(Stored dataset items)
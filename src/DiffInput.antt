-- ===== src/DiffInput.antt =====
-- src/core/diff_input.rs: whether moves could be looked for, and if not, why.
use backupsage.Base.{
  ℕ, suc, ◌+◌, Bool, true, false, Option, none, some, is_some, List, [], ◌∷◌, ◌++◌, map,
  if◌then◌else◌,
}
use backupsage.Base.Order.{nat_ord}
use backupsage.Base.SortedMap.{SortedMap, upsert}
use backupsage.Store.Flags
use backupsage.Coverage.{Bytes}
use backupsage.Diff.{SnapshotState, EntryType, Entry, Snapshot, Side}
use backupsage.Diff
pub mod Inference
mod Examples

pub data MoveBlockerCause : Type 0 where
  snapshot_unavailable snapshot_incompatible snapshot_incomplete hardlink symlink
        unsupported_entry_type read_error pax_unparsed unsupported_sparse not_hashed :
      MoveBlockerCause

pub record MoveBlocker : Type 0 where
  pub side : Side
  pub cause : MoveBlockerCause
  pub rows : Option ℕ

pub record MoveInference : Type 0 where
  pub enabled : Bool
  pub blockers : List MoveBlocker

-- A file's blocker, by its flags and its hash.
abbrev pub file_blocker : ℕ → Option Bytes → Option MoveBlockerCause
file_blocker flags hash =
    if Flags.has flags Flags.read_error
    then some read_error
    else if Flags.has flags Flags.pax_unparsed
    then some pax_unparsed
    else if is_some hash
    then none
    else if Flags.has flags Flags.sparse
    then some unsupported_sparse
    else some not_hashed

abbrev pub blocker_by : EntryType → ℕ → Option Bytes → Option MoveBlockerCause
blocker_by Diff.hardlink flags hash = some hardlink
blocker_by Diff.symlink flags hash = some symlink
blocker_by Diff.unsupported flags hash = some unsupported_entry_type
blocker_by Diff.file flags hash = file_blocker flags hash

unfoldable pub row_blocker : Entry → Option MoveBlockerCause
row_blocker e = blocker_by e.entry_type e.flags e.content_hash

-- The place of a cause in the derived order, which is the order of the declaration.
abbrev pub cause_rank : MoveBlockerCause → ℕ
cause_rank snapshot_unavailable = 0
cause_rank snapshot_incompatible = 1
cause_rank snapshot_incomplete = 2
cause_rank hardlink = 3
cause_rank symlink = 4
cause_rank unsupported_entry_type = 5
cause_rank read_error = 6
cause_rank pax_unparsed = 7
cause_rank unsupported_sparse = 8
cause_rank not_hashed = 9

-- `whole`
abbrev pub whole_blocker : SnapshotState → Option MoveBlockerCause
whole_blocker Diff.complete = none
whole_blocker Diff.incomplete = some snapshot_incomplete
whole_blocker Diff.unavailable = some snapshot_unavailable
whole_blocker Diff.incompatible = some snapshot_incompatible

abbrev pub whole_blockers : Side → Option MoveBlockerCause → List MoveBlocker
whole_blockers side none = []
whole_blockers side (some cause) = record { side = side; cause = cause; rows = none } ∷ []

-- The counts by rank, each with its cause.
abbrev pub Counts : Type 0
Counts = SortedMap ℕ (MoveBlockerCause × ℕ)

abbrev count_row : MoveBlockerCause → Option (MoveBlockerCause × ℕ) → MoveBlockerCause × ℕ
count_row cause none = (cause, 1)
count_row cause (some (_, n)) = (cause, n + 1)

abbrev pub count_option : Option MoveBlockerCause → Counts → Counts
count_option none counts = counts
count_option (some cause) counts = upsert (cause_rank cause) (count_row cause) counts

unfoldable pub count_blockers : Counts → List Entry → Counts
count_blockers counts [] = counts
count_blockers counts (e ∷ entries) = count_blockers (count_option (row_blocker e) counts) entries

unfoldable pub side_blockers : Side → Snapshot → List MoveBlocker
side_blockers side s =
    whole_blockers side (whole_blocker s.info.state)
    ++ map
        (λ (x : ℕ × (MoveBlockerCause × ℕ)). record {
          side = side;
          cause = x.1.0;
          rows = some x.1.1;
        })
        (count_blockers [] s.entries)

abbrev pub has_none : List MoveBlocker → Bool
has_none [] = true
has_none (_ ∷ _) = false

-- `MoveInference::of`
unfoldable pub inference_of : Snapshot → Snapshot → MoveInference
inference_of old new =
    let blockers = side_blockers Diff.before old ++ side_blockers Diff.after new in
    record { enabled = has_none blockers; blockers = blockers }
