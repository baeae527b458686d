-- ===== src/Store/Bits.antt =====
-- src/core/store.rs: two flags tested at once.
use Prim.Native.Nat.{digits, min, bit_and-bitwise}
use backupsage.Base.{◌≡◌, refl, ◌∙◌, arith, ℕ, zero, suc, ◌+◌, ◌*◌, ◌/◌, ◌%◌, ◌≤◌, bit_and, ◌||◌}
use backupsage.Store.Flags

abbrev min_digits : ℕ → ℕ → ℕ → ℕ
min_digits n a b = digits (λ _. 0) min n a b

-- Any number of rounds that the first number does not exceed gives the same digits.
enough_rounds : (k l x y : ℕ) → x ≤ k → x ≤ l → min_digits k x y ≡ min_digits l x y
enough_rounds zero zero x y s t = refl
enough_rounds (suc k) zero zero y s t = refl
enough_rounds zero (suc l) zero y s t = refl
enough_rounds (suc k) (suc l) zero y s t = refl
enough_rounds (suc k) zero (suc x) y s t = absurd (omega (arith, t))
enough_rounds zero (suc l) (suc x) y s t = absurd (omega (arith, s))
enough_rounds (suc k) (suc l) (suc x) y s t =
    let later = enough_rounds k l (suc x / 2) (y / 2) (omega (arith, s)) (omega (arith, t)) in
    omega (arith, later)

min_digits_zero : (n a : ℕ) → min_digits n a 0 ≡ 0
min_digits_zero zero a = refl
min_digits_zero (suc n) zero = refl
min_digits_zero (suc n) (suc a) = omega (arith, min_digits_zero n (suc a / 2))

bit_and_zero : (a : ℕ) → bit_and a 0 ≡ 0
bit_and_zero a = bit_and-bitwise a 0 ∙ min_digits_zero a a

bit_and_step : (x y : ℕ) → bit_and x y ≡ bit_and (x / 2) (y / 2) * 2 + min (x % 2) (y % 2)
bit_and_step zero y = omega (arith, bit_and-bitwise (0 / 2) (y / 2), bit_and-bitwise 0 y)
bit_and_step (suc x) y =
    let rounds = enough_rounds (suc x / 2) x (suc x / 2) (y / 2) (omega arith) (omega arith) in
    omega (arith, rounds, bit_and-bitwise (suc x / 2) (y / 2), bit_and-bitwise (suc x) y)

-- A mask of the two bits of value 4 and 64 is met when one of them is.
pub has_either : (f : ℕ) → Flags.has f 68 ≡ (Flags.has f 4 || Flags.has f 64)
unfolding Flags.has
has_either f =
    let third = f / 2 / 2 / 2 in
    let top = third / 2 / 2 / 2 / 2 in
    ground (
      arith,
      bit_and_step f 68,
      bit_and_step (f / 2) 34,
      bit_and_step (f / 2 / 2) 17,
      bit_and_step third 8,
      bit_and_step (third / 2) 4,
      bit_and_step (third / 2 / 2) 2,
      bit_and_step (third / 2 / 2 / 2) 1,
      bit_and_step f 4,
      bit_and_step (f / 2) 2,
      bit_and_step (f / 2 / 2) 1,
      bit_and_step f 64,
      bit_and_step (f / 2) 32,
      bit_and_step (f / 2 / 2) 16,
      bit_and_zero third,
      bit_and_zero top,
    )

--- WORK REQUIRED ---
Among the records, find the lines that contain "then" and copy each of them.

--- EXPECTED ANSWER ---
  if◌then◌else◌,
    then some read_error
    then some pax_unparsed
    then none
    then some unsupported_sparse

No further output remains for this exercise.